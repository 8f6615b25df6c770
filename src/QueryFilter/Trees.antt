-- ===== src/QueryFilter/Trees.antt =====
-- What a parsed tree has: the bounds of the query filter DSL, as predicates on trees.
use verisearch.Prelude.{ℕ, suc, ◌≤◌, max, length, All}
use verisearch.QueryFilter.Ast.{
  FilterNode, eq, ne, in_set, range, negation, conj, disj, Nodes, nil, cons, count,
}
use verisearch.QueryFilter.LexerRules.{IsField}
use verisearch.QueryFilter.LiteralRules.{IsLiteral}

module _ {F : Type 0} where
  -- How many conjunctions and disjunctions stand inside one another.
  unfoldable mutual
    pub height : FilterNode F → ℕ
    height (eq f v) = 0
    height (ne f v) = 0
    height (in_set f vs) = 0
    height (range f op v) = 0
    height (negation n) = height n
    height (conj ns) = suc (height_all ns)
    height (disj ns) = suc (height_all ns)

    pub height_all : Nodes F → ℕ
    height_all nil = 0
    height_all (cons n ns) = max (height n) (height_all ns)

  -- Fields are allowed, literals are in bounds, a set has 1 to 256 values, and a conjunction or a
  -- disjunction has two operands or more.
  unfoldable mutual
    pub IsWellFormed : FilterNode F → Type 0
    IsWellFormed (eq f v) = IsField f × IsLiteral v
    IsWellFormed (ne f v) = IsField f × IsLiteral v
    IsWellFormed (in_set f vs) = IsField f × (1 ≤ length vs) × (length vs ≤ 256) × All IsLiteral vs
    IsWellFormed (range f op v) = IsField f × IsLiteral v
    IsWellFormed (negation n) = IsWellFormed n
    IsWellFormed (conj ns) = (2 ≤ count ns) × AreWellFormed ns
    IsWellFormed (disj ns) = (2 ≤ count ns) × AreWellFormed ns

    pub AreWellFormed : Nodes F → Type 0
    AreWellFormed nil = Unit
    AreWellFormed (cons n ns) = IsWellFormed n × AreWellFormed ns
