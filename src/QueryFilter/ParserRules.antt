-- ===== src/QueryFilter/ParserRules.antt =====
-- The methods of QueryFilter/Parser end, and the trees that they return are in bounds.
use verisearch.Prelude.{
  ℕ, ◌+◌, ◌≤◌, ◌<◌, ◌≡◌, refl, Bool, true, false, ltb, ltb→le, Str, length, arith, Bool-cases, inl,
  inr,
}
use verisearch.QueryFilter.Ast.{FilterNode, Nodes, leaves, leaves_all}
use verisearch.QueryFilter.Host.{Host}
use verisearch.QueryFilter.State.{State, Parser, Result, pure, ◌>>=◌}
use verisearch.QueryFilter.Lexer.{modify, restore, match_keyword}
use verisearch.QueryFilter.Parser.{count_leaf}
use verisearch.QueryFilter.Rules.{Ensures, Ensures-bind, Ensures-map, Steps, Steps-trans, From}
use verisearch.QueryFilter.LexerRules.{match_keyword-Shorter, Shorter}
use verisearch.QueryFilter.Trees.{height, height_all, IsWellFormed, AreWellFormed}

module _ {F : Type 0} where
  -- A method has read the tree `n`: every leaf of it is counted, and it is at most `k` high.
  pub record Parsed (k : ℕ) (s : State) (n : FilterNode F) (t : State) : Type 0 where
    pub onwards : length t.rest ≤ length s.rest
    pub same_depth : t.depth ≡ s.depth
    pub counted : t.leaf_count ≡ s.leaf_count + leaves n
    pub bounded : t.leaf_count ≤ 1024
    pub low : height n ≤ k
    pub well_formed : IsWellFormed n

  -- The same for the further operands of a chain.
  pub record ParsedAll (k : ℕ) (s : State) (ns : Nodes F) (t : State) : Type 0 where
    pub onwards : length t.rest ≤ length s.rest
    pub same_depth : t.depth ≡ s.depth
    pub counted : t.leaf_count ≡ s.leaf_count + leaves_all ns
    pub bounded : s.leaf_count ≤ 1024 → t.leaf_count ≤ 1024
    pub low : height_all ns ≤ k
    pub well_formed : AreWellFormed ns

  pub Parsed-weaken :
      (k : ℕ) (s t : State) (r : Result (FilterNode F))
      → Steps s t
      → Ensures (Parsed k t) r
      → Ensures (Parsed k s) r
  Parsed-weaken k s t r p h = Ensures-map (Parsed k t) (Parsed k s) r h λ n u q. record {
    onwards = omega arith;
    same_depth = omega arith;
    counted = omega arith;
    bounded = q.bounded;
    low = q.low;
    well_formed = q.well_formed;
  }

  -- A call that reads no comparison, and the rest of the block.
  pub lexical-Parsed :
      {A : Type 0} (k : ℕ) (Q : A → Type 0) (s : State) (m : Parser A)
      (f : A → Parser (FilterNode F))
      → From s Q (m s)
      → ((a : A) (t : State) → Steps s t → Q a → Ensures (Parsed k t) (f a t))
      → Ensures (Parsed k s) ((m >>= f) s)
  unfolding ◌>>=◌
  lexical-Parsed k Q s m f h g =
      Ensures-bind _ (Parsed k s) (m s) f h
        (λ a t p. Parsed-weaken k s t (f a t) p.0 (g a t p.0 p.1))

  -- A comparison is counted, or the limit is reported.
  pub leaf-Parsed :
      (k : ℕ) (n : FilterNode F) (s : State)
      → leaves n ≡ 1
      → height n ≡ 0
      → IsWellFormed n
      → Ensures (Parsed k s) ((count_leaf >>= λ _. pure n) s)
  unfolding count_leaf ◌>>=◌
  leaf-Parsed k n s one flat good = elim (Bool-cases (ltb 1024 (s.leaf_count + 1))) [
    | inl over ↦ rw over tt
    | inr fits ↦ rw fits (record {
      onwards = omega arith;
      same_depth = refl;
      counted = omega arith;
      bounded = ltb→le _ _ fits;
      low = omega arith;
      well_formed = good;
    })
  ]

module _ {F : Type 0} (host : Host F) where
  -- The test for a keyword: behind it, or back where it began, at `saved`.
  pub keyword-Ensures :
      {A : Type 0} (P : A → State → Type 0) (keyword : Str) (saved s : State) (m n : Parser A)
      → 1 ≤ length keyword
      → Steps saved s
      → ((t : State) → Steps saved t → length t.rest < length s.rest → Ensures P (m t))
      → ((t : State) → Steps saved t → Ensures P (n t))
      → Ensures P (
          (match_keyword host keyword >>= λ found. elim found [
            | true ↦ m
            | false ↦ (modify (restore saved) >>= λ _. n)
          ])
            s)
  unfolding ◌>>=◌
  keyword-Ensures {A} P keyword saved s m n long p h g =
      Ensures-bind (Shorter host s) P (match_keyword host keyword s) _
        (match_keyword-Shorter host keyword s long) λ found t q. branch found t q
    where
      branch :
          (found : Bool) (t : State)
          → Shorter host s found t
          → Ensures P (
              (elim found as (λ _. Parser A) [
                | true ↦ m
                | false ↦ (modify (restore saved) >>= λ _. n)
              ])
                t)
      branch true t (q, l) = h t (Steps-trans p q) (l refl)
      branch false t (q, l) = g (restore saved t) (omega arith)
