-- ===== src/QueryFilter/Comparisons.antt =====
-- `parse_comparison` ends, and counts and returns one leaf that is in bounds.
use verisearch.Prelude.{
  ℕ, ◌≤◌, refl, none, List, [], ◌∷◌, ltb, ltb→le, Str, codes, length, take, arith, All,
}
use verisearch.QueryFilter.Ast.{Literal, RangeOp, in_set, leaves}
use verisearch.QueryFilter.Host.{Host}
use verisearch.QueryFilter.State.{State, pure, ◌>>=◌}
use verisearch.QueryFilter.Lexer.{first}
use verisearch.QueryFilter.Parser.{
  Operator, equal, not_equal, ordering, two_char_operator, one_char_operator, count_leaf,
  comparison_node, keyword_operators, keyword_operator, parse_operator, parse_in, parse_comparison,
}
use verisearch.QueryFilter.Rules.{
  Ensures, if-Ensures, error-Ensures, get-Ensures, Steps, Steps-refl, Gives, Any, Gives-pure,
  Gives-error, Gives-option, Gives-get, Gives-modify, Gives-bind, skip-Steps, From-weaken,
}
use verisearch.QueryFilter.LexerRules.{
  blank-Gives, advance-Gives, expect_char-Gives, IsField, parse_field-Gives,
}
use verisearch.QueryFilter.LiteralRules.{
  IsLiteral, AreValues, parse_value-Gives, parse_value_list-Gives,
}
use verisearch.QueryFilter.Trees.{height, IsWellFormed}
use verisearch.QueryFilter.ParserRules.{
  Parsed, Parsed-weaken, lexical-Parsed, leaf-Parsed, keyword-Ensures,
}

-- The keywords of a table are not empty.
abbrev AreKeywords : List (Str × RangeOp) → Type 0
AreKeywords = All (λ entry. 1 ≤ length entry.0)

module _ {F : Type 0} (host : Host F) where
  keyword_operator-Gives :
      (table : List (Str × RangeOp)) → AreKeywords table → Gives Any (keyword_operator host table)
  unfolding keyword_operator
  keyword_operator-Gives [] h = Gives-pure Any none tt
  keyword_operator-Gives ((keyword, op) ∷ others) h = Gives-get Any _ λ s.
      keyword-Ensures host (λ _ t. Steps s t × Unit) keyword s s _ _ h.0 (Steps-refl s)
        (λ t p _. (p, tt))
        (λ t p. From-weaken Any s t _ p ((keyword_operator-Gives others h.1).at t))

  parse_operator-Gives : Gives Any (parse_operator host)
  unfolding parse_operator
  parse_operator-Gives = Gives-bind Any Any _ _ blank-Gives λ _ _. Gives-get Any _ λ s.
      (Gives-option Any (first s.rest) _ _ (Gives-error Any _) λ ch.
          Gives-option Any (two_char_operator (take 2 s.rest)) _ _
            (Gives-option Any (one_char_operator ch) _ _
              (Gives-bind Any Any _ _ (keyword_operator-Gives keyword_operators (omega arith))
                λ found _.
                  Gives-option Any found _ _ (Gives-error Any _) (λ op. Gives-pure Any op tt))
              (λ op. Gives-bind Any Any _ _ advance-Gives (λ _ _. Gives-pure Any op tt)))
            (λ op.
              Gives-bind Any Any _ _ (Gives-modify _ (skip-Steps 2))
                λ _ _. Gives-pure Any op tt)).at
        s

  leaf_of_operator :
      (k : ℕ) (field : Str) (op : Operator) (value : Literal F) (s : State)
      → IsField field
      → IsLiteral value
      → Ensures (Parsed k s) ((count_leaf >>= λ _. pure (comparison_node field op value)) s)
  unfolding leaves height IsWellFormed
  leaf_of_operator k field equal value s f v = leaf-Parsed k _ s refl refl (f, v)
  leaf_of_operator k field not_equal value s f v = leaf-Parsed k _ s refl refl (f, v)
  leaf_of_operator k field (ordering op) value s f v = leaf-Parsed k _ s refl refl (f, v)

  leaf_of_set :
      (k : ℕ) (field : Str) (values : List (Literal F)) (s : State)
      → IsField field × (1 ≤ length values) × (length values ≤ 256) × All IsLiteral values
      → Ensures (Parsed k s) ((count_leaf >>= λ _. pure (in_set field values)) s)
  unfolding leaves height IsWellFormed
  leaf_of_set k field values s good = leaf-Parsed k _ s refl refl good

  parse_in-Parsed :
      (k : ℕ) (field : Str) (s : State)
      → IsField field
      → Ensures (Parsed k s) (parse_in host field s)
  unfolding parse_in
  parse_in-Parsed k field s good =
      lexical-Parsed k Any s _ _ ((expect_char-Gives b'(').at s) λ _ t _ _.
        lexical-Parsed k (AreValues host) t _ _ ((parse_value_list-Gives host).at t)
          λ values u _ vs. lexical-Parsed k Any u _ _ ((expect_char-Gives b')').at u) λ _ v _ _.
            if-Ensures (Parsed k v) v (ltb (length values) 1) _ _ (λ _. error-Ensures _ v _)
              λ _.
                if-Ensures (Parsed k v) v (ltb 256 (length values)) _ _ (λ _. error-Ensures _ v _)
                  λ fits. leaf_of_set k field values v (good, vs.0, ltb→le _ _ fits, vs.1)

  pub parse_comparison-Parsed : (k : ℕ) (s : State) → Ensures (Parsed k s) (parse_comparison host s)
  unfolding parse_comparison
  parse_comparison-Parsed k s = lexical-Parsed k Any s _ _ (blank-Gives.at s) λ _ t _ _.
      lexical-Parsed k IsField t _ _ ((parse_field-Gives host).at t) λ field u _ good.
        lexical-Parsed k Any u _ _ (blank-Gives.at u) λ _ v _ _. get-Ensures (Parsed k v) v _ (
          keyword-Ensures host (Parsed k v) (codes "in") v v _ _ (omega arith) (Steps-refl v)
            (λ w p _. Parsed-weaken k v w _ p (parse_in-Parsed k field w good))
            (λ w p. Parsed-weaken k v w _ p (
              lexical-Parsed k Any w _ _ (parse_operator-Gives.at w) λ op x _ _.
                lexical-Parsed k _ x _ _ ((parse_value-Gives host).at x)
                  λ value y _ fine. leaf_of_operator k field op value y good fine)))
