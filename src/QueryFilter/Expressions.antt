-- ===== src/QueryFilter/Expressions.antt =====
-- Expressions end, and the trees that they return are in bounds.
use verisearch.Prelude.{
  ℕ, zero, suc, ◌+◌, ◌*◌, ◌≤◌, ◌<◌, ◌≡◌, refl, ltb, ltb→le, Str, codes, length, arith, Bool-cases,
  inl, inr, ◌==◌,
}
use verisearch.QueryFilter.Ast.{
  FilterNode, negation, conj, disj, Nodes, nil, cons, count, leaves, leaves_all,
}
use verisearch.QueryFilter.Host.{Host}
use verisearch.QueryFilter.State.{State, Parser, advance, pure, ◌>>=◌}
use verisearch.QueryFilter.Lexer.{expect_char, skip_whitespace}
use verisearch.QueryFilter.Parser.{
  chain_node, enter, leave, parse_primary, parse_not_expr, more_operands, parse_chain,
  parse_and_expr, parse_or_expr, parse_expr,
}
use verisearch.QueryFilter.Rules.{
  Ensures, if-Ensures, peek-Ensures, get-Ensures, modify-Ensures, bind-Ensures, Steps, Steps-refl,
  advance-Steps, skip_whitespace-Steps,
}
use verisearch.QueryFilter.LexerRules.{expect_char-Gives}
use verisearch.QueryFilter.Trees.{height, height_all, IsWellFormed, AreWellFormed}
use verisearch.QueryFilter.ParserRules.{Parsed, ParsedAll, Parsed-weaken, keyword-Ensures}
use verisearch.QueryFilter.Comparisons.{parse_comparison-Parsed}

module _ {F : Type 0} where
  -- At nesting depth `d`, with at most `b` characters left, a method returns a tree at most `k` high.
  record Reads (k d b : ℕ) (m : Parser (FilterNode F)) : Type 0 where
    at : (s : State) → s.depth ≡ d → length s.rest ≤ b → Ensures (Parsed k s) (m s)

  -- So does a method for which Python's stack has room: `need` calls, and one for each character.
  record Within (k d need : ℕ) (m : ℕ → Parser (FilterNode F)) : Type 0 where
    reads : (frames b : ℕ) → need + b ≤ frames → Reads k d b (m frames)

  Parsed-low :
      (k l : ℕ) (s : State) (n : FilterNode F) (t : State) → k ≤ l → Parsed k s n t → Parsed l s n t
  Parsed-low k l s n t h p = record {
    onwards = p.onwards;
    same_depth = p.same_depth;
    counted = p.counted;
    bounded = p.bounded;
    low = omega arith;
    well_formed = p.well_formed;
  }

  Parsed-negation :
      (k : ℕ) (s : State) (n : FilterNode F) (t : State)
      → Parsed k s n t
      → Parsed k s (negation n) t
  unfolding leaves height IsWellFormed
  Parsed-negation k s n t p = record {
    onwards = p.onwards;
    same_depth = p.same_depth;
    counted = p.counted;
    bounded = p.bounded;
    low = p.low;
    well_formed = p.well_formed;
  }

  -- The closing parenthesis behind a tree.
  Parsed-lexical :
      (k : ℕ) (s t u : State) (n : FilterNode F) → Parsed k s n t → Steps t u → Parsed k s n u
  Parsed-lexical k s t u n p q = record {
    onwards = omega arith;
    same_depth = omega arith;
    counted = omega arith;
    bounded = omega arith;
    low = p.low;
    well_formed = p.well_formed;
  }

  ParsedAll-nil : (k : ℕ) (s t : State) → Steps s t → ParsedAll {F = F} k s nil t
  unfolding leaves_all height_all AreWellFormed
  ParsedAll-nil k s t p = record {
    onwards = omega arith;
    same_depth = omega arith;
    counted = omega arith;
    bounded = λ h. omega arith;
    low = omega arith;
    well_formed = tt;
  }

  ParsedAll-cons :
      (k : ℕ) (s t u v : State) (n : FilterNode F) (ns : Nodes F)
      → Steps s t
      → Parsed k t n u
      → ParsedAll k u ns v
      → ParsedAll k s (cons n ns) v
  unfolding leaves leaves_all height_all AreWellFormed
  ParsedAll-cons k s t u v n ns p q r = record {
    onwards = omega arith;
    same_depth = omega arith;
    counted = omega arith;
    bounded = λ h. r.bounded q.bounded;
    low = omega arith;
    well_formed = (q.well_formed, r.well_formed);
  }

  -- A chain of one operand is that operand; one of more is combined.
  Parsed-chain :
      (k : ℕ) (combine : Nodes F → FilterNode F) (s t u : State) (n : FilterNode F) (ns : Nodes F)
      → ((ms : Nodes F) → leaves (combine ms) ≡ leaves_all ms)
      → ((ms : Nodes F) → height (combine ms) ≡ suc (height_all ms))
      → ((ms : Nodes F) → 2 ≤ count ms → AreWellFormed ms → IsWellFormed (combine ms))
      → Parsed k s n t
      → ParsedAll k t ns u
      → Parsed (suc k) s (chain_node combine n ns) u
  unfolding leaves_all height_all AreWellFormed
  Parsed-chain k combine s t u n nil same_leaves higher good p q = record {
    onwards = omega arith;
    same_depth = omega arith;
    counted = omega arith;
    bounded = q.bounded p.bounded;
    low = omega arith;
    well_formed = p.well_formed;
  }
  Parsed-chain k combine s t u n (cons m ns) same_leaves higher good p q = record {
    onwards = omega arith;
    same_depth = omega arith;
    counted = omega (arith, same_leaves (cons n (cons m ns)));
    bounded = q.bounded p.bounded;
    low = omega (arith, higher (cons n (cons m ns)));
    well_formed = good (cons n (cons m ns)) (omega arith) (p.well_formed, q.well_formed);
  }

module _ {F : Type 0} (host : Host F) where
  closed-Parsed :
      (k d b : ℕ) (expr : Parser (FilterNode F)) (s : State)
      → Reads k d b expr
      → s.depth ≡ d
      → length s.rest ≤ b
      → Ensures (Parsed k s) ((expr >>= λ node. expect_char b')' >>= λ _. pure node) s)
  closed-Parsed k d b expr s h e l =
      bind-Ensures (Parsed k s) s (Parsed k s) expr _ (h.at s e l) λ node t p.
        bind-Ensures (Parsed k s) t (λ _ u. Steps t u × Unit) _ _ ((expect_char-Gives b')').at t)
          λ _ u q. Parsed-lexical k s t u node p q.0

  primary-Parsed :
      (k d need frames : ℕ) (expr : ℕ → Parser (FilterNode F)) (s : State)
      → Within k d need expr
      → s.depth ≡ d
      → need + length s.rest < frames
      → Ensures (Parsed k s) (parse_primary host frames expr s)
  unfolding parse_primary
  primary-Parsed k d need zero expr s h e l = absurd (omega arith)
  primary-Parsed k d need (suc frames) expr s h e l =
      let t : State = skip_whitespace s in
      let blank : Steps s t = skip_whitespace-Steps s in
      let passed : Steps t (advance t) = advance-Steps t in
      let left = length (advance t).rest in
      modify-Ensures (Parsed k s) s skip_whitespace _ (
        Parsed-weaken k s t _ blank (
          peek-Ensures (Parsed k t) t _ _ (λ _. parse_comparison-Parsed host k t)
            λ ch _.
              if-Ensures (Parsed k t) t (ch == b'(') _ _
                (λ _. modify-Ensures (Parsed k t) t advance _ (
                  Parsed-weaken k t (advance t) _ passed (
                    closed-Parsed k d left (expr frames) (advance t)
                      (h.reads frames left (omega arith)) (omega arith) (omega arith))))
                (λ _. parse_comparison-Parsed host k t)))

  -- Each `not` takes a frame and a character at least.
  not-Parsed :
      (k d need frames : ℕ) (expr : ℕ → Parser (FilterNode F)) (s : State)
      → Within k d need expr
      → s.depth ≡ d
      → need + length s.rest + 1 < frames
      → Ensures (Parsed k s) (parse_not_expr host frames expr s)
  unfolding parse_not_expr
  not-Parsed k d need zero expr s h e l = absurd (omega arith)
  not-Parsed k d need (suc frames) expr s h e l =
      let t : State = skip_whitespace s in
      let blank : Steps s t = skip_whitespace-Steps s in
      modify-Ensures (Parsed k s) s skip_whitespace _ (
        Parsed-weaken k s t _ blank (
          get-Ensures (Parsed k t) t _ (
            keyword-Ensures host (Parsed k t) (codes "not") t t _ _ (omega arith) (Steps-refl t)
              (λ u p shorter. Parsed-weaken k t u _ p (
                bind-Ensures (Parsed k u) u (Parsed k u) _ _
                  (not-Parsed k d need frames expr u h (omega arith) (omega arith))
                  λ node v q. Parsed-negation k u node v q))
              (λ u p.
                Parsed-weaken k t u _ p
                  (primary-Parsed k d need frames expr u h (omega arith) (omega arith))))))

  more_operands-ParsedAll :
      (k d b fuel : ℕ) (keyword : Str) (operand : Parser (FilterNode F)) (s : State)
      → 1 ≤ length keyword
      → Reads k d b operand
      → s.depth ≡ d
      → length s.rest ≤ b
      → length s.rest < fuel
      → Ensures (ParsedAll k s) (more_operands host fuel keyword operand s)
  unfolding more_operands
  more_operands-ParsedAll k d b zero keyword operand s long h e bound l = absurd (omega arith)
  more_operands-ParsedAll k d b (suc fuel) keyword operand s long h e bound l =
      let t : State = skip_whitespace s in
      let blank : Steps s t = skip_whitespace-Steps s in
      get-Ensures (ParsedAll k s) s _ (
        modify-Ensures (ParsedAll k s) s skip_whitespace _ (
          keyword-Ensures host (ParsedAll k s) keyword s t _ _ long blank
            (λ u p shorter.
              bind-Ensures (ParsedAll k s) u (Parsed k u) _ _ (h.at u (omega arith) (omega arith))
                λ node v q.
                  bind-Ensures (ParsedAll k s) v (ParsedAll k v) _ _
                    (more_operands-ParsedAll k d b fuel keyword operand v long h (omega arith)
                      (omega arith) (omega arith))
                    λ nodes w r. ParsedAll-cons k s u v w node nodes p q r)
            (λ u p. ParsedAll-nil k s u p)))

  chain-Reads :
      (k d b : ℕ) (keyword : Str) (combine : Nodes F → FilterNode F)
      (operand : Parser (FilterNode F))
      → 1 ≤ length keyword
      → ((ms : Nodes F) → leaves (combine ms) ≡ leaves_all ms)
      → ((ms : Nodes F) → height (combine ms) ≡ suc (height_all ms))
      → ((ms : Nodes F) → 2 ≤ count ms → AreWellFormed ms → IsWellFormed (combine ms))
      → Reads k d b operand
      → Reads (suc k) d b (parse_chain host keyword combine operand)
  unfolding parse_chain
  chain-Reads k d b keyword combine operand long same_leaves higher good h = record {
    at = λ s e l. bind-Ensures (Parsed (suc k) s) s (Parsed k s) operand _ (h.at s e l) λ node t p.
        get-Ensures (Parsed (suc k) s) t _ (
          bind-Ensures (Parsed (suc k) s) t (ParsedAll k t) _ _
            (more_operands-ParsedAll k d b (suc (length t.rest)) keyword operand t long h
              (omega arith) (omega arith) (omega arith))
            λ nodes u q. Parsed-chain k combine s t u node nodes same_leaves higher good p q);
  }

  not-Within :
      (k d need : ℕ) (expr : ℕ → Parser (FilterNode F))
      → Within k d need expr
      → Within k d (2 + need) (λ frames. parse_not_expr host frames expr)
  not-Within k d need expr h = record {
    reads = λ frames b room. record {
      at = λ s e l. not-Parsed k d need frames expr s h e (omega arith);
    };
  }

  and_expr-Within :
      (k d need : ℕ) (expr : ℕ → Parser (FilterNode F))
      → Within k d need expr
      → Within (suc k) d (3 + need) (λ frames. parse_and_expr host frames expr)
  and_expr-Within k d need expr h = record { reads = go }
    where
      go :
          (frames b : ℕ)
          → 3 + need + b ≤ frames
          → Reads (suc k) d b (parse_and_expr host frames expr)
      go zero b room = absurd (omega arith)
      go (suc frames) b room =
          unfold parse_and_expr leaves height IsWellFormed in
          chain-Reads k d b (codes "and") conj _ (omega arith) (λ ms. refl) (λ ms. refl)
            (λ ms two fine. (two, fine)) ((not-Within k d need expr h).reads frames b (omega arith))

  or_expr-Within :
      (k d need : ℕ) (expr : ℕ → Parser (FilterNode F))
      → Within k d need expr
      → Within (suc (suc k)) d (4 + need) (λ frames. parse_or_expr host frames expr)
  or_expr-Within k d need expr h = record { reads = go }
    where
      go :
          (frames b : ℕ)
          → 4 + need + b ≤ frames
          → Reads (suc (suc k)) d b (parse_or_expr host frames expr)
      go zero b room = absurd (omega arith)
      go (suc frames) b room =
          unfold parse_or_expr leaves height IsWellFormed in
          chain-Reads (suc k) d b (codes "or") disj _ (omega arith) (λ ms. refl) (λ ms. refl)
            (λ ms two fine. (two, fine))
            ((and_expr-Within k d need expr h).reads frames b (omega arith))

  -- `parse_expr` and `leave` restore the depth.
  leave-Parsed :
      (k : ℕ) (s t u : State) (n : FilterNode F)
      → t.depth ≡ s.depth + 1
      → t.rest ≡ s.rest
      → t.leaf_count ≡ s.leaf_count
      → Parsed k t n u
      → Parsed k s n (leave u)
  unfolding leave
  leave-Parsed k s t u n d r c p = record {
    onwards = rw r at p.onwards;
    same_depth = omega arith;
    counted = omega arith;
    bounded = p.bounded;
    low = p.low;
    well_formed = p.well_formed;
  }

  enter-Ensures :
      (P : FilterNode F → State → Type 0) (s : State) (f : Unit {0} → Parser (FilterNode F))
      → (s.depth + 1 ≤ 32 → Ensures P (f tt (record s { depth = s.depth + 1 })))
      → Ensures P ((enter >>= f) s)
  unfolding enter ◌>>=◌
  enter-Ensures P s f h = elim (Bool-cases (ltb 32 (s.depth + 1))) [
    | inl over ↦ rw over tt
    | inr fits ↦ rw fits (h (ltb→le _ _ fits))
  ]

  -- Every level of parentheses that the depth check admits has the fuel that it needs, and five frames.
  pub parse_expr-Parsed :
      (f frames : ℕ) (s : State)
      → s.depth + f ≡ 32
      → 5 * suc f + length s.rest ≤ frames
      → Ensures (Parsed (2 * f) s) (parse_expr host (suc f) frames s)
  unfolding parse_expr
  parse_expr-Parsed f zero s e room = absurd (omega arith)
  parse_expr-Parsed zero (suc frames) s e room =
      enter-Ensures (Parsed 0 s) s _ (λ fits. absurd (omega arith))
  parse_expr-Parsed (suc f) (suc frames) s e room =
      let t : State = record s { depth = s.depth + 1 } in
      let inner : Within (2 * f) (s.depth + 1) (5 * suc f) (parse_expr host (suc f)) = record {
        reads = λ n b fits. record {
          at = λ u d l. parse_expr-Parsed f n u (omega arith) (omega arith);
        };
      } in
      let outer : Reads (suc (suc (2 * f))) (s.depth + 1) (length t.rest)
          (parse_or_expr host frames (parse_expr host (suc f))) =
        (or_expr-Within (2 * f) (s.depth + 1) (5 * suc f) _ inner).reads frames (length t.rest)
          (omega arith) in
      enter-Ensures (Parsed (2 * suc f) s) s _ λ _.
        bind-Ensures (Parsed (2 * suc f) s) t (Parsed (suc (suc (2 * f))) t) _ _
          (outer.at t refl (omega arith))
          λ node u p. modify-Ensures (Parsed (2 * suc f) s) u leave _ (
            leave-Parsed (2 * suc f) s t u node refl refl refl
              (Parsed-low _ _ t node u (omega arith) p))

· · · · · · ·

-- Work instructions --
Across the records, count the lines holding the string "zero". Give the number and stop.

-- Reply to the task --
8